I think one piece we all enjoyed about Shapiro’s work were his ideas for policy change and reform aimed at bettering the racial wealth disparity between blacks and whites. He mentions a number of different ideas, from reforming the estate tax and increasing tax on higher income families, to addressing discrimination in real estate markets and homeownership, creating home mortgage interest reduction credits, and addressing educational equity. However, how are these policies to become law while most Americans don’t know, understand, or believe in this racial wealth disparity? As many of the posts have mentioned, most white Americans are completely unaware of this issue–and not just unaware, but actively against the concept at all. The individualist mantra that is so pervasive in American culture and society makes it hard for white individuals to believe or accept that they haven’t necessarily earned all they have. When this is the case, how and when will they be willing to make change to help others, and to reduce their own privilege? In class I mentioned simple changes–switching the title of the book from the “hidden cost of being African American” to the “hidden benefit from being white”–but things like this are obviously not enough. It will take someone in power to be willing to make the unpopular statement that the disparity exists–and then be willing to change it. Sadly, I feel that it is most likely that this person will have to be white, in order for their words to be respected by mainstream white Americans. Even then, only a few will believe it. It is clear that for these policies to succeed, they will have to be presented in a “color-blind” light. However–is it fair to do this to create change–or does this ignore the importance of discussing race itself as a causal factor in this problem?

Merit and inequality

As Shapiro pointed out, and as we have frequently touched upon during our conversations in class, most accounts of racial inequality focus largely on factors that are at least nominally related to merit – education, occupation, and crime, to name a few. The slant of this discussion opens the door to conservative commentators who attribute inequality to individual choices and cultural shortcomings, rather than structural factors. Wilson rightly points out that liberals struggle to respond to these claims, and often choose to disregard behaviors of the disadvantaged or attribute them to circumstance. In doing so, they implicitly posit these individual and cultural factors as significant forces in perpetuating inequality, even if they are only intermediary.
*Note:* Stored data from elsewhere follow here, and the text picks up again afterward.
-- ===== src/TagSet.antt =====
-- src/tag/tag_set.c: tag sets with reference counts, copied when a set that is shared is modified.
-- A pointer is a number, 0 is NULL; `none` is a fault, a read through NULL or a dangling pointer.
pub mod Items
pub mod Order
pub mod Merge
pub mod Search
pub mod Hash
pub mod Owner
pub mod Create
pub mod Same
pub mod Alive
use mathlib.Core.Option
use adam.Base.{
  ℕ, zero, suc, ◌+◌, ◌-◌, ◌%◌, ◌^◌, Bool, true, false, ◌&&◌, ◌||◌, Option, none, some, List, [],
  ◌∷◌, ◌==◌, ltb, if◌then◌else◌, length, bit_xor,
}
use adam.TagSet.Items.{
  Item, item, hash_init, item_hashcode, hash_items, read_items, is_empty, merge_loop, position,
  same_items,
}

-- `size` is the length of `items`.
pub record TagSet : Type 0 where
  pub id : ℕ
  pub refcnt : ℕ
  pub hashcode : ℕ
  pub items : List Item

-- The sets on the heap, `next_set_idx`, the address of `_tag_set_empty`, and whether a transaction
-- of the tracker is open, which then keeps a reference to each set that is registered.
pub record State : Type 0 where
  pub heap : ℕ → Option TagSet
  pub next_set_idx : ℕ
  pub empty_at : ℕ
  pub tracking : Bool

abbrev pub M : Type 0 → Type 0
M A = State → Option (A × State)

infixl 5 ◌>>=◌ ◌>>◌
abbrev pub ◌>>=◌ : {A B : Type 0} → M A → (A → M B) → M B
◌>>=◌ m f s = elim (m s) [ none ↦ none | some (a, s') ↦ f a s' ]

abbrev pub ◌>>◌ : {B : Type 0} → M (Unit {0}) → M B → M B
m >> k = m >>= λ _. k

abbrev pub pure : {A : Type 0} → A → M A
pure a s = some (a, s)

abbrev pub write : (ℕ → Option TagSet) → ℕ → Option TagSet → ℕ → Option TagSet
write heap p v q = if q == p then v else heap q

unfoldable pub load : ℕ → M TagSet
load p s = Option.map (λ t. (t, s)) (s.heap p)

abbrev pub put : ℕ → Option TagSet → M (Unit {0})
put p v s = some (tt, record s { heap = write s.heap p v })

abbrev pub get_state : M State
get_state s = some (s, s)

-- The index that a new set gets.
abbrev pub take_idx : M ℕ
take_idx s = some (s.next_set_idx, record s { next_set_idx = (s.next_set_idx + 1) % 2 ^ 32 })

unfoldable pub incref : ℕ → M (Unit {0})
unfolding load
incref set = do t ← load set; put set (some (record t { refcnt = (t.refcnt + 1) % 2 ^ 32 }))

unfoldable pub decref : ℕ → M (Unit {0})
unfolding load
decref set = do
  t ← load set
  let n = (t.refcnt + 2 ^ 32 - 1) % 2 ^ 32
  put set (if n == 0 then none else some (record t { refcnt = n }))

-- `fresh` is what `malloc` returns; the items are written by the callers.
unfoldable pub set_new : ℕ → M ℕ
set_new fresh = if fresh == 0 then pure 0 else do
  n ← take_idx
  put fresh (some (record { id = n; refcnt = 0; hashcode = hash_init; items = [] }))
  pure fresh

-- `tag_tracker_register_tagset`: the node that is entered for the set holds a reference to it.
register_if : Bool → ℕ → M (Unit {0})
unfolding incref
register_if true set = incref set
register_if false set = pure tt

unfoldable pub register : ℕ → M (Unit {0})
unfolding register_if
register set s = register_if s.tracking set s

-- The identity of a copy: a new index, which the tracker is told, or that of the original.
unfoldable pub identify : ℕ → ℕ → Bool → M (Unit {0})
unfolding load register
identify ret id true = do
  t ← load ret
  n ← take_idx
  put ret (some (record t { id = n }))
  register ret
identify ret id false = do t ← load ret; put ret (some (record t { id = id }))

unfoldable pub duplicate : ℕ → ℕ → Bool → M ℕ
unfolding load set_new identify incref decref
duplicate fresh set fresh_idx = if set == 0 then pure 0 else do
  src ← load set
  ret ← set_new fresh
  if ret == 0 then pure 0 else do
    t ← load ret
    put ret (some (record t { hashcode = src.hashcode; items = src.items }))
    identify ret src.id fresh_idx
    decref set
    incref ret
    pure ret

unfoldable pub empty : M ℕ
unfolding incref
empty = do s ← get_state; incref s.empty_at; pure s.empty_at

-- The end of `tag_set_from_array`: a set that is complete, or not in order.
unfoldable pub finish_array : ℕ → Option (List Item × ℕ) → M ℕ
unfolding load incref register
finish_array ret none = do put ret none; pure 0
finish_array ret (some (items, h)) = do
  t ← load ret
  put ret (some (record t { hashcode = h; items = items }))
  incref ret
  register ret
  pure ret

-- The two arrays as a list of pairs; `none` where one of them is NULL.
unfoldable pub from_array : ℕ → Option (List Item) → M ℕ
unfolding empty set_new finish_array read_items
from_array fresh none = pure 0
from_array fresh (some []) = empty
from_array fresh (some (i ∷ is)) = do
  ret ← set_new fresh
  if ret == 0
      then pure 0
      else finish_array ret (read_items i.tid is (bit_xor hash_init (item_hashcode i)) (i ∷ []))

unfoldable pub fork : ℕ → M ℕ
unfolding incref
fork set = if set == 0 then pure 0 else do incref set; pure set

unfoldable pub free : ℕ → M (Unit {0})
unfolding decref
free set = if set == 0 then pure tt else decref set

-- `none` stands for the result -1.
unfoldable pub equal : ℕ → ℕ → M (Option Bool)
unfolding load same_items
equal first second = if (first == 0) || (second == 0) then pure none else do
  a ← load first
  b ← load second
  pure (
      some (
        if (length a.items == length b.items) && (a.hashcode == b.hashcode)
        then same_items a.items b.items
        else false))

-- `_tag_set_incref(ret); return _tag_set_duplicate(ret, 1);`
unfoldable pub copy : ℕ → ℕ → M ℕ
unfolding incref duplicate
copy fresh set = do incref set; duplicate fresh set true

-- The end of `tag_set_merge`; the loop has a round for each slot of the result.
unfoldable pub finish_merge : ℕ → Option (List Item × ℕ) → M ℕ
unfolding load register incref
finish_merge ret none = λ _. none
finish_merge ret (some (items, h)) = do
  t ← load ret
  put ret (some (record t { hashcode = h; items = items }))
  register ret
  incref ret
  pure ret

-- `tag_set_merge` once the sets are read.
unfoldable pub merge_sets : ℕ → ℕ → ℕ → List Item → List Item → M ℕ
unfolding empty copy set_new finish_merge
merge_sets fresh first second xs ys =
    if is_empty xs && is_empty ys
    then empty
    else if is_empty xs
    then copy fresh second
    else if is_empty ys || (second == first)
    then copy fresh first
    else do
      ret ← set_new fresh
      if ret == 0
          then pure 0
          else finish_merge ret (merge_loop (length xs + length ys) xs ys [] hash_init)

unfoldable pub merge : ℕ → ℕ → ℕ → M ℕ
unfolding load merge_sets
merge fresh first second =
    if (first == 0) || (second == 0)
    then pure 0
    else do a ← load first; b ← load second; merge_sets fresh first second a.items b.items

-- `none` would say that the search did not end.
unfoldable pub contains : ℕ → ℕ → M Bool
unfolding load position
contains set what = do
  t ← load set
  elim (position t.items what) [
    | none ↦ λ _. none
    | some none ↦ pure false
    | some (some l) ↦ pure true
  ]

unfoldable pub set_resol : List Item → ℕ → ℕ → List Item
set_resol [] l value = []
set_resol (x ∷ xs) zero value = item x.tid value ∷ xs
set_resol (x ∷ xs) (suc l) value = x ∷ set_resol xs l value

unfoldable pub item_at : List Item → ℕ → Item
item_at [] l = item 0 0
item_at (x ∷ xs) zero = x
item_at (x ∷ xs) (suc l) = item_at xs l

-- The write to the item that the search found, with the hash before and after it.
unfoldable pub rewrite_item : TagSet → ℕ → ℕ → TagSet
unfolding set_resol item_at
rewrite_item t l value =
    let old = item_at t.items l in
    record t {
      hashcode =
          bit_xor (bit_xor t.hashcode (item_hashcode old)) (item_hashcode (item old.tid value));
      items = set_resol t.items l value;
    }

-- The label ERR: a copy is dropped, and the original has its reference again.
unfoldable pub give_up : ℕ → ℕ → M ℕ
unfolding incref decref
give_up set prev = if prev == 0 then pure 0 else do decref set; incref prev; pure 0

-- The search and the write, on a set that may be modified. `prev` is the original of a copy.
unfoldable pub change_item : ℕ → ℕ → ℕ → ℕ → M ℕ
unfolding load position rewrite_item give_up
change_item set prev tagid value = do
  t ← load set
  elim (position t.items tagid) [
    | none ↦ λ _. none
    | some none ↦ give_up set prev
    | some (some l) ↦ do put set (some (rewrite_item t l value)); pure set
  ]

-- A set that others use is copied first.
unfoldable pub change_copy : ℕ → ℕ → ℕ → ℕ → M ℕ
unfolding duplicate change_item
change_copy fresh set tagid value = do
  copied ← duplicate fresh set false
  if copied == 0 then pure 0 else change_item copied set tagid value

unfoldable pub change_resolution : ℕ → ℕ → ℕ → ℕ → M ℕ
unfolding load change_copy change_item
change_resolution fresh set tagid value = do
  t ← load set
  if ltb 1 t.refcnt then change_copy fresh set tagid value else change_item set 0 tagid value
However, Shapiro’s incisive findings reframe the discourse about inequality, helping us to understand it as largely inherited, and not as a product of merit. Especially when considering similar savings rates among white and black Americans, there is no intellectually honest way to understand the inheritance of white families, or the asset poverty of black families, through the lens of meritocracy. The next step in shifting the conversation is to demonstrate to the mainstream that our notion of deserving is misguided.

The Myth of “Good Schools”

One aspect of Tom Shapiro’s The Hidden Cost of Being African American that I found particularly interesting and brought up in last week’s discussion was his analysis of why white parents avoid schools that are predominantly black. Shapiro demonstrates that in their quest for “good schools”, white parents are actually seeking schools where the majority of students look like their children. As Shapiro writes, “Many white parents, as well as some black ones, determine school quality not by academic excellence, teacher skills, or classroom curriculum but by who sits next to and who will associate with their child.” (172) Many white parents assume that schools whose student bodies are mostly students of color are bad schools without actually visiting them or talking to their teachers and administrators. This made me think about my own community, and the Huffington Post article that I brought up in class, which was written by Abby Norman, a white Atlanta parent who decided to send her daughter to her local neighborhood school, despite the fact that she was one of the only white students.

One of the most important consequences of wealth, as Shapiro describes, is the ability to move to an area whose local schools are considered “good”. Schools play such a big role in where people decide to live that, as Norman writes, real estate agents will advise potential buyers against certain areas solely because of the perceived quality of the schools. But for the white families who do decide to live in relatively integrated neighborhoods with significant black populations—which is increasingly happening in many neighborhoods in Atlanta—they refuse to send their children to the local neighborhood schools almost as a rule. Many white parents in my neighborhood sent their children to the local elementary school, which was almost all white, and many sent their children to the middle school, which was about half white and half black. But by the time their children got to high school, many parents removed them from the public school system or moved away to avoid sending them to my high school, which was two-thirds black. Going to a school where I was in the minority by no means hurt my education—in fact, as I wrote last week, I think it helped—but some white parents’ perceptions of my high school’s quality, which I can only assume was based on its demographics, convinced them that it was not good enough (read: white enough) for their children. Until we can rid ourselves of the notion that black students hurt the quality of a school, school integration will be impossible.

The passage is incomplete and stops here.